Well, there's the first four hours from Chiang Mai to Pai, which are fine. Twisty but paved roads. Beautiful views. Fine really. Lovely even.

And then there's the last four hours, which apparently is only a 45 minute trip during the dry season. Only one word suffices here:

Mud.

Deep, deep red gooey mud. Not the kind of mud that feels nice to squeeze between your toes, but the kind of mud that if you step in, you will literally have strain your muscles to then pull your shoe (and foot) out of. Not the kind of mud that goes up to your ankle, but the kind of mud that swallows half your calf or more. Not the kind of mud that SUVs equipped with chains merely sink into and stop, but the kind of mud where you feel the truck slipping side to side as you get thrust around the back.

Mud on stunning mountain vistas.

Mud on slicing twists of road.

Totally obliterating mud sweeping across the road, reminding you of a recent mudslide.

Mud.

Friday, September 09, 2011

"Are you afraid to return to your village?"


I've learned a lot in the last week. I had no clue that I could begin learning a language, particularly a non-Germanic or tonal language so quickly (thankfully this one is closely related to Thai, which I had studied in the past). Yet I have found myself in those wonderful moments in which 25 or so "teachers" sat around me pointing to objects, telling me their names, correcting my tones, and repeating questions multiple times until I learned how to answer them correctly. I felt like a real linguist, trying to quickly scribble things down in IPA (International Phonetic Alphabet) until eventually the Shan alphabet began to unfold itself into consonants, vowels, and tones to me that actually made sense and which I could read. Don't get me wrong, I can only utter the most basic phrases, but this last week caused me to learn more and quicker than I ever imagined. In this regard, I give all the credit to my teachers, the young female community health worker and medic students at the clinic, who took me under their wing. These girls, valuing education highly, know how to study, and they know how to guide studying. They will go hours with me, without pause, studying, reviewing, laughing, and studying more. We've now entered the stage, where they will allow me to play games with them as part of my learning, but they never ease up on their intensity regarding my own learning of the Shan language. I cannot even begin to express my gratitude enough for these girls (most of them between the ages of 16 and 21). They look out for me, and because of them, I am learning to express myself in their language.

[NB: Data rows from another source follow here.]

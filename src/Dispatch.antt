-- ===== src/Dispatch.antt =====
-- _dispatch of src/tessera/http_server.py: from a parsed request line and its headers to an answer.
-- `split_target` is urlsplit and parse_qs; it is none where urlsplit raises.
pub mod Limits
pub mod Answers
pub mod Budget
pub mod Table
pub mod Signed
pub mod Wire
pub mod Numbered
pub mod Connection
use tessera_server.Common.{
  ℕ, String, Bool, true, false, ◌||◌, ◌&&◌, not, Option, none, some, List, [], ◌∷◌, length, take,
  ltb, ◌==◌, str_eq, if◌then◌else◌, Result, ok, raise, ◌>>=◌,
}
use tessera_server.Common.Int.{ℤ, pos, negsuc}
use tessera_server.Common.Text
use tessera_server.Bytes.{Bytes}
use tessera_server.Bytes.Numbers.{parse_int}
use tessera_server.Config.{TesseraConfig}
use tessera_server.Http.{Response, error, Uncaught, exception}
use tessera_server.RateLimit.Floats.{Float}
use tessera_server.RateLimit.{Limiter, allow}
use tessera_server.Content.{Query}
use tessera_server.Upload.{App}

-- MAX_REQUEST_LINE
abbrev pub max_request_line : ℕ
max_request_line = 4096

-- What a TesseraHandler has of a request: self.command, self.path, self.headers, self.rfile and
-- self._client_ip.
pub record HttpRequest : Type 0 where
  pub command : String
  pub target : String
  pub headers : String → Option String
  pub stream : Bytes
  pub client_ip : String

-- RequestContext, without the identity
pub record RequestContext : Type 0 where
  pub method : String
  pub path : String
  pub raw_target : String
  pub query : Query
  pub body : Bytes
  pub headers : String → Option String
  pub client_ip : String

-- match.groupdict()
abbrev pub Params : Type 0
Params = List (String × String)

-- Handler, with the clock
abbrev pub Handler : Type 0
Handler = RequestContext → Params → ℕ → App → Result Uncaught Response × App

-- One entry of ROUTES; the pattern gives the groups if it matches the path.
pub record Route : Type 0 where
  pub method : String
  pub pattern : String → Option Params
  pub handler : Handler

-- The fields of a TesseraApp that requests change.
pub record Server (W : Type 0) : Type 0 where
  pub app : App
  pub limiter : Limiter W

-- A request that the limiter is asked about.
pub record Accepted : Type 0 where
  pub path : String
  pub query : Query
  pub body_length : ℕ
  pub handler : Handler
  pub params : Params

-- How a request ends before the limiter is asked: an answer, or an exception.
abbrev pub Ended : Type 0
Ended = Result Uncaught Response

-- self.command in {"POST", "PUT", "PATCH"}
abbrev pub has_body : String → Bool
has_body command = str_eq command "POST" || str_eq command "PUT" || str_eq command "PATCH"

abbrev within_ceiling : ℕ → Option ℤ → Result Ended ℕ
within_ceiling ceiling none = raise (ok (error 400 "bad_content_length"))
within_ceiling ceiling (some (negsuc n)) = raise (ok (error 413 "too_large"))
within_ceiling ceiling (some (pos n)) =
    if ltb ceiling n then raise (ok (error 413 "too_large")) else ok n

abbrev declared_length : ℕ → Option String → Result Ended ℕ
declared_length ceiling none = raise (ok (error 411 "length_required"))
declared_length ceiling (some raw) = within_ceiling ceiling (parse_int raw)

-- The length of the body, as the request declares it.
unfoldable pub content_length : TesseraConfig → HttpRequest → Result Ended ℕ
content_length cfg req =
    if has_body req.command
    then declared_length cfg.max_request_bytes (req.headers "Content-Length")
    else ok 0

-- The loop over the routes, and what follows it; `path_exists` is that of the code.
unfoldable pub find_route : String → String → List Route → Bool → Result Ended (Handler × Params)
find_route command path [] path_exists =
    raise (ok (if path_exists then error 405 "method_not_allowed" else error 404 "not_found"))
find_route command path (r ∷ routes) path_exists =
    let other = find_route command path routes true in
    elim (r.pattern path) [
      | none ↦ find_route command path routes path_exists
      | some params ↦ if str_eq r.method command then ok (r.handler, params) else other
    ]

abbrev split_or_raise : Option (String × Query) → Result Ended (String × Query)
split_or_raise none = raise (raise exception)
split_or_raise (some parts) = ok parts

-- What a request came to, with the bytes that were read of its body.
pub record Outcome (W : Type 0) : Type 0 where
  pub answer : Result Uncaught Response
  pub server : Server W
  pub body_read : Bytes

abbrev pub ended : {W : Type 0} → Ended → Server W → Bytes → Outcome W
ended answer server body_read = record { answer = answer; server = server; body_read = body_read }

-- `except Exception` around the handler
abbrev pub answer_handler : Result Uncaught Response → Ended
answer_handler (ok response) = ok response
answer_handler (raise e) = ok (error 500 "internal_error")

module _ (split_target : String → Option (String × Query)) (cfg : TesseraConfig)
    (routes : List Route) where
  -- _dispatch up to the limiter
  unfoldable pub accept : HttpRequest → Result Ended Accepted
  unfolding content_length find_route
  accept req =
      if ltb max_request_line (Text.length req.target)
      then raise (ok (error 414 "uri_too_long"))
      else do
        (path, query) ← split_or_raise (split_target req.target)
        n ← content_length cfg req
        (handler, params) ← find_route req.command path routes false
        ok (record {
          path = path;
          query = query;
          body_length = n;
          handler = handler;
          params = params;
        })

  abbrev pub context_of : HttpRequest → Accepted → Bytes → RequestContext
  context_of req a body = record {
    method = req.command;
    path = a.path;
    raw_target = req.target;
    query = a.query;
    body = body;
    headers = req.headers;
    client_ip = req.client_ip;
  }

  -- The last `try` block.
  unfoldable pub run_handler :
      {W : Type 0} → HttpRequest → Accepted → Bytes → ℕ → Server W → Outcome W
  run_handler req a body now server =
      let (answer, app) = a.handler (context_of req a body) a.params now server.app in
      ended (answer_handler answer) (record server { app = app }) body

  -- _dispatch behind the limiter
  unfoldable pub read_and_run : {W : Type 0} → HttpRequest → Accepted → ℕ → Server W → Outcome W
  unfolding run_handler
  read_and_run req a now server =
      if has_body req.command
      then (let body = take a.body_length req.stream in
          if not (length body == a.body_length)
          then ended (ok (error 400 "short_body")) server body
          else run_handler req a body now server)
      else run_handler req a [] now server

  -- _dispatch, given what its call of the limiter came to: an exception of that call leaves it, since
  -- it stands in no `try` block.
  unfoldable pub dispatch_on :
      {W : Type 0} → HttpRequest → ℕ → Server W → Result Uncaught (Bool × Limiter W) → Outcome W
  unfolding accept read_and_run
  dispatch_on req now server called = elim (accept req) [
    | raise answer ↦ ended answer server []
    | ok a ↦ elim called [
      | raise e ↦ ended (raise e) server []
      | ok (allowed, limiter) ↦
          let server' = record server { limiter = limiter } in
          if allowed
          then read_and_run req a now server'
          else ended (ok (error 429 "rate_limited")) server' []
    ]
  ]

  -- _dispatch, at the monotonic time `tick` and the time `now`, with no other thread in `allow`
  unfoldable pub dispatch : {W : Type 0} → Float W → HttpRequest → W → ℕ → Server W → Outcome W
  unfolding allow dispatch_on
  dispatch f req tick now server =
      dispatch_on req now server (ok (allow f server.limiter req.client_ip tick))
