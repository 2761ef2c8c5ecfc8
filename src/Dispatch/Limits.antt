-- ===== src/Dispatch/Limits.antt =====
-- What _dispatch of src/tessera/http_server.py lets through to a handler, and what it reads.
use tessera_server.Common.{
  ℕ, zero, suc, ◌≤◌, ◌≡◌, ◌⊎◌, inl, inr, refl, sym, subst, ◌∙◌, String, Bool, true, false, Option,
  some, List, [], ◌∷◌, Result, ok, raise, arith, length, take, ltb, ◌==◌, str_eq, eq_iff,
  Bool-cases, Option-cases, Result-cases,
}
use tessera_server.Common.Int.{pos, negsuc}
use tessera_server.Common.Text
use tessera_server.Bytes.{Bytes}
use tessera_server.Bytes.Numbers.{parse_int}
use tessera_server.Config.{TesseraConfig}
use tessera_server.Http.{error}
use tessera_server.RateLimit.Floats.{Float}
use tessera_server.RateLimit.{allow}
use tessera_server.Content.{Query}
use tessera_server.Dispatch.{
  dispatch_on, max_request_line, HttpRequest, Route, Handler, Params, Server, Accepted, Ended,
  Outcome, ended, has_body, content_length, find_route, accept, context_of, answer_handler,
  run_handler, read_and_run, dispatch,
}

-- One of the routes has the method and matches the path, with these groups and this handler.
abbrev pub IsRouted : String → String → Handler → Params → List Route → Type 0
IsRouted command path handler params [] = ⊥
IsRouted command path handler params (r ∷ routes) =
    ((r.method ≡ command) × (r.pattern path ≡ some params) × (r.handler ≡ handler))
    ⊎ IsRouted command path handler params routes

-- The length of the body is the one declared, and within the ceiling; without a body it is 0.
abbrev pub IsDeclared : TesseraConfig → HttpRequest → ℕ → Type 0
IsDeclared cfg req n =
    (n ≤ cfg.max_request_bytes)
    × (((has_body req.command ≡ false) × (n ≡ 0))
        ⊎ ((raw : String) × (has_body req.command ≡ true)
            × (req.headers "Content-Length" ≡ some raw)
            × (parse_int raw ≡ some (pos n))))

find_route-IsRouted :
    (command path : String) (routes : List Route) (path_exists : Bool) (h : Handler)
    (params : Params)
    → find_route command path routes path_exists ≡ ok (h, params)
    → IsRouted command path h params routes
unfolding find_route
find_route-IsRouted command path [] path_exists h params e = absurd (ground arith)
find_route-IsRouted command path (r ∷ routes) path_exists h params e =
    elim (Option-cases (r.pattern path)) [
      | inl p ↦ inr (find_route-IsRouted command path routes path_exists h params (ground arith))
      | inr (groups, p) ↦ elim (Bool-cases (str_eq r.method command)) [
        | inl same ↦ inl (ground (arith, eq_iff r.method command), ground arith, ground arith)
        | inr other ↦ inr (find_route-IsRouted command path routes true h params (ground arith))
      ]
    ]

content_length-IsDeclared :
    (cfg : TesseraConfig) (req : HttpRequest) (n : ℕ)
    → content_length cfg req ≡ ok n
    → IsDeclared cfg req n
unfolding content_length
content_length-IsDeclared cfg req n e = elim (Bool-cases (has_body req.command)) [
  | inr plain ↦ (ground arith, inl (plain, ground arith))
  | inl body ↦ elim (Option-cases (req.headers "Content-Length")) [
    | inl absent ↦ absurd (ground arith)
    | inr (raw, given) ↦ elim (Option-cases (parse_int raw)) [
      | inl bad ↦ absurd (ground arith)
      | inr (pos k, read) ↦ (ground arith, inr (raw, body, given, ground arith))
      | inr (negsuc k, read) ↦ absurd (ground arith)
    ]
  ]
]

module _ (split_target : String → Option (String × Query)) (cfg : TesseraConfig)
    (routes : List Route) where
  -- What is true of a request that the limiter is asked about.
  abbrev pub IsAccepted : HttpRequest → Accepted → Type 0
  IsAccepted req a =
      (Text.length req.target ≤ max_request_line)
      × (split_target req.target ≡ some (a.path, a.query))
      × IsDeclared cfg req a.body_length
      × IsRouted req.command a.path a.handler a.params routes

  IsGood : HttpRequest → Result Ended Accepted → Type 0
  IsGood req (ok a) = IsAccepted req a
  IsGood req (raise x) = Unit {0}

  accept_lem :
      (req : HttpRequest) (parts : String × Query) (n : ℕ) (found : Handler × Params)
      → ltb max_request_line (Text.length req.target) ≡ false
      → split_target req.target ≡ some parts
      → content_length cfg req ≡ ok n
      → find_route req.command parts.0 routes false ≡ ok found
      → accept split_target cfg routes req
        ≡ ok (record {
          path = parts.0;
          query = parts.1;
          body_length = n;
          handler = found.0;
          params = found.1;
        })
  unfolding accept
  accept_lem req parts n found short split declared routed =
      rw (short, split, accept) (rw (declared, accept) (rw (routed, accept) refl))

  pub accept-IsAccepted :
      (req : HttpRequest) (a : Accepted)
      → accept split_target cfg routes req ≡ ok a
      → IsAccepted req a
  unfolding accept IsGood
  accept-IsAccepted req a e = elim (Bool-cases (ltb max_request_line (Text.length req.target))) [
    | inl long ↦ absurd (ground arith)
    | inr short ↦ elim (Option-cases (split_target req.target)) [
      | inl bad ↦ absurd (ground arith)
      | inr (parts, split) ↦ elim (Result-cases (content_length cfg req)) [
        | inl (x, refused) ↦ absurd (ground arith)
        | inr (n, declared) ↦ elim (Result-cases (find_route req.command parts.0 routes false)) [
          | inl (x, lost) ↦ absurd (ground arith)
          | inr (found, routed) ↦
              subst (IsGood req)
                (sym (accept_lem req parts n found short split declared routed) ∙ e)
                (
                  ground arith,
                  split,
                  content_length-IsDeclared cfg req n declared,
                  find_route-IsRouted req.command parts.0 routes false found.0 found.1 routed,
                )
        ]
      ]
    ]
  ]

  -- The request was handed to its handler, with the body that it declares: the first bytes of the
  -- stream. The answer is the handler's, or 500, and the state is what the handler left.
  abbrev pub IsHandled :
      {W : Type 0} → Float W → HttpRequest → W → ℕ → Server W → Outcome W → Type 0
  IsHandled f req tick now server o =
      (a : Accepted) × IsAccepted req a
      × ((allow f server.limiter req.client_ip tick).0 ≡ true)
      × (length o.body_read ≡ a.body_length)
      × (o.body_read ≡ take a.body_length req.stream)
      × (o.answer
          ≡ answer_handler
              (a.handler (context_of split_target cfg routes req a o.body_read) a.params now
                server.app).0)
      × (o.server.app
          ≡ (a.handler (context_of split_target cfg routes req a o.body_read) a.params now
              server.app).1)

  -- The request did not reach a handler.
  abbrev pub IsRefused : {W : Type 0} → Float W → HttpRequest → W → Server W → Outcome W → Type 0
  IsRefused f req tick server o =
      (o.server.app ≡ server.app)
      × ((o.body_read ≡ [])
          ⊎ (((allow f server.limiter req.client_ip tick).0 ≡ true)
              × (length o.body_read ≤ cfg.max_request_bytes)))

  pub length-take_le : (n : ℕ) (xs : Bytes) → length (take n xs) ≤ n
  length-take_le zero xs = omega arith
  length-take_le (suc n) [] = omega arith
  length-take_le (suc n) (x ∷ xs) = omega (arith, length-take_le n xs)

  pub read_and_run_cases :
      {W : Type 0} (req : HttpRequest) (a : Accepted) (now : ℕ) (server : Server W)
      → IsDeclared cfg req a.body_length
      → (read_and_run split_target cfg routes req a now server
          ≡ ended (ok (error 400 "short_body")) server (take a.body_length req.stream))
        ⊎ ((length (take a.body_length req.stream) ≡ a.body_length)
            × (read_and_run split_target cfg routes req a now server
                ≡ run_handler split_target cfg routes req a
                    (take a.body_length req.stream)
                    now
                    server))
  unfolding read_and_run
  read_and_run_cases req a now server (fits, declared) = elim (Bool-cases (has_body req.command)) [
    | inr plain ↦
        let none_declared : a.body_length ≡ 0 = ground arith in
        inr (rw none_declared (refl, rw plain refl))
    | inl body ↦ elim (Bool-cases (length (take a.body_length req.stream) == a.body_length)) [
      | inr short ↦ inl (rw (body, read_and_run) (rw short refl))
      | inl full ↦ inr (ground arith, rw (body, read_and_run) (rw full refl))
    ]
  ]

  pub dispatch-ended :
      {W : Type 0} (f : Float W) (req : HttpRequest) (tick : W) (now : ℕ) (server : Server W)
      (x : Ended)
      → accept split_target cfg routes req ≡ raise x
      → dispatch split_target cfg routes f req tick now server ≡ ended x server []
  unfolding dispatch dispatch_on
  dispatch-ended f req tick now server x e = rw (e, dispatch_on) refl

  abbrev pub charged_server : {W : Type 0} → Float W → HttpRequest → W → Server W → Server W
  charged_server f req tick server = record server {
    limiter = (allow f server.limiter req.client_ip tick).1;
  }

  pub dispatch_over :
      {W : Type 0} (f : Float W) (req : HttpRequest) (tick : W) (now : ℕ) (server : Server W)
      (a : Accepted)
      → accept split_target cfg routes req ≡ ok a
      → (allow f server.limiter req.client_ip tick).0 ≡ false
      → dispatch split_target cfg routes f req tick now server
        ≡ ended (ok (error 429 "rate_limited")) (charged_server f req tick server) []
  unfolding dispatch dispatch_on
  dispatch_over f req tick now server a e over = rw (e, dispatch_on) (rw over refl)

  pub dispatch_under :
      {W : Type 0} (f : Float W) (req : HttpRequest) (tick : W) (now : ℕ) (server : Server W)
      (a : Accepted)
      → accept split_target cfg routes req ≡ ok a
      → (allow f server.limiter req.client_ip tick).0 ≡ true
      → dispatch split_target cfg routes f req tick now server
        ≡ read_and_run split_target cfg routes req a now (charged_server f req tick server)
  unfolding dispatch dispatch_on
  dispatch_under f req tick now server a e under = rw (e, dispatch_on) (rw under refl)

  -- Every request either leaves the tables and the blobs alone, with nothing read of its body unless
  -- the limiter let it through, and then no more than the ceiling; or its target has at most 4096
  -- characters, a route has its method and path, its declared length keeps to the ceiling, the
  -- limiter let it through, and its handler ran on exactly the declared number of bytes.
  pub dispatch_guarded :
      {W : Type 0} (f : Float W) (req : HttpRequest) (tick : W) (now : ℕ) (server : Server W)
      → IsRefused f req tick server (dispatch split_target cfg routes f req tick now server)
        ⊎ IsHandled f req tick now server (dispatch split_target cfg routes f req tick now server)
  unfolding run_handler
  dispatch_guarded f req tick now server =
      elim (Result-cases (accept split_target cfg routes req)) [
        | inl (x, e) ↦ inl (rw (dispatch-ended f req tick now server x e) (refl, inl refl))
        | inr (a, e) ↦
            let (short, split, declared, routed) = accept-IsAccepted req a e in
            elim (Bool-cases (allow f server.limiter req.client_ip tick).0) [
              | inr over ↦ inl (rw (dispatch_over f req tick now server a e over) (refl, inl refl))
              | inl under ↦
                  elim (read_and_run_cases req a now (charged_server f req tick server) declared) [
                    | inl cut ↦ inl (
                        rw (dispatch_under f req tick now server a e under, cut)
                          (
                            refl,
                            inr (
                              under,
                              omega (arith, length-take_le a.body_length req.stream, declared.0),
                            ),
                          ))
                    | inr (full, ran) ↦ inr (
                        rw (dispatch_under f req tick now server a e under, ran)
                          (a, (short, split, declared, routed), under, full, refl, refl, refl))
                  ]
            ]
      ]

One particular lesson stands out to me however. I had previously learned the word "afraid," and they just taught me the words "return" and "village." I took a risk and attempted to ask them if they were afraid to return to their villages. I must have succeeded, because, without any hesitation, all four girls sitting around me nodded their heads. Then one girl (my closest friend of these girls) went a bit further and told me in Shan (and lots of hand motions) that she's not afraid if the Burmese military never knows she was here, but if they find out, they will shoot her. I asked them then if the military had ever attacked their villages, she drew a map and pointed to one dot which she told me was her village. She drew a line and wrote "3 miles" over it and connected it to another dot, which was another village. She then said that her village had not been attacked, but this other one had.

Every one of these girls intends to take their medical training back to their villages. I'm selfish and wish they were a little less brave so I would fear for my friends a little less.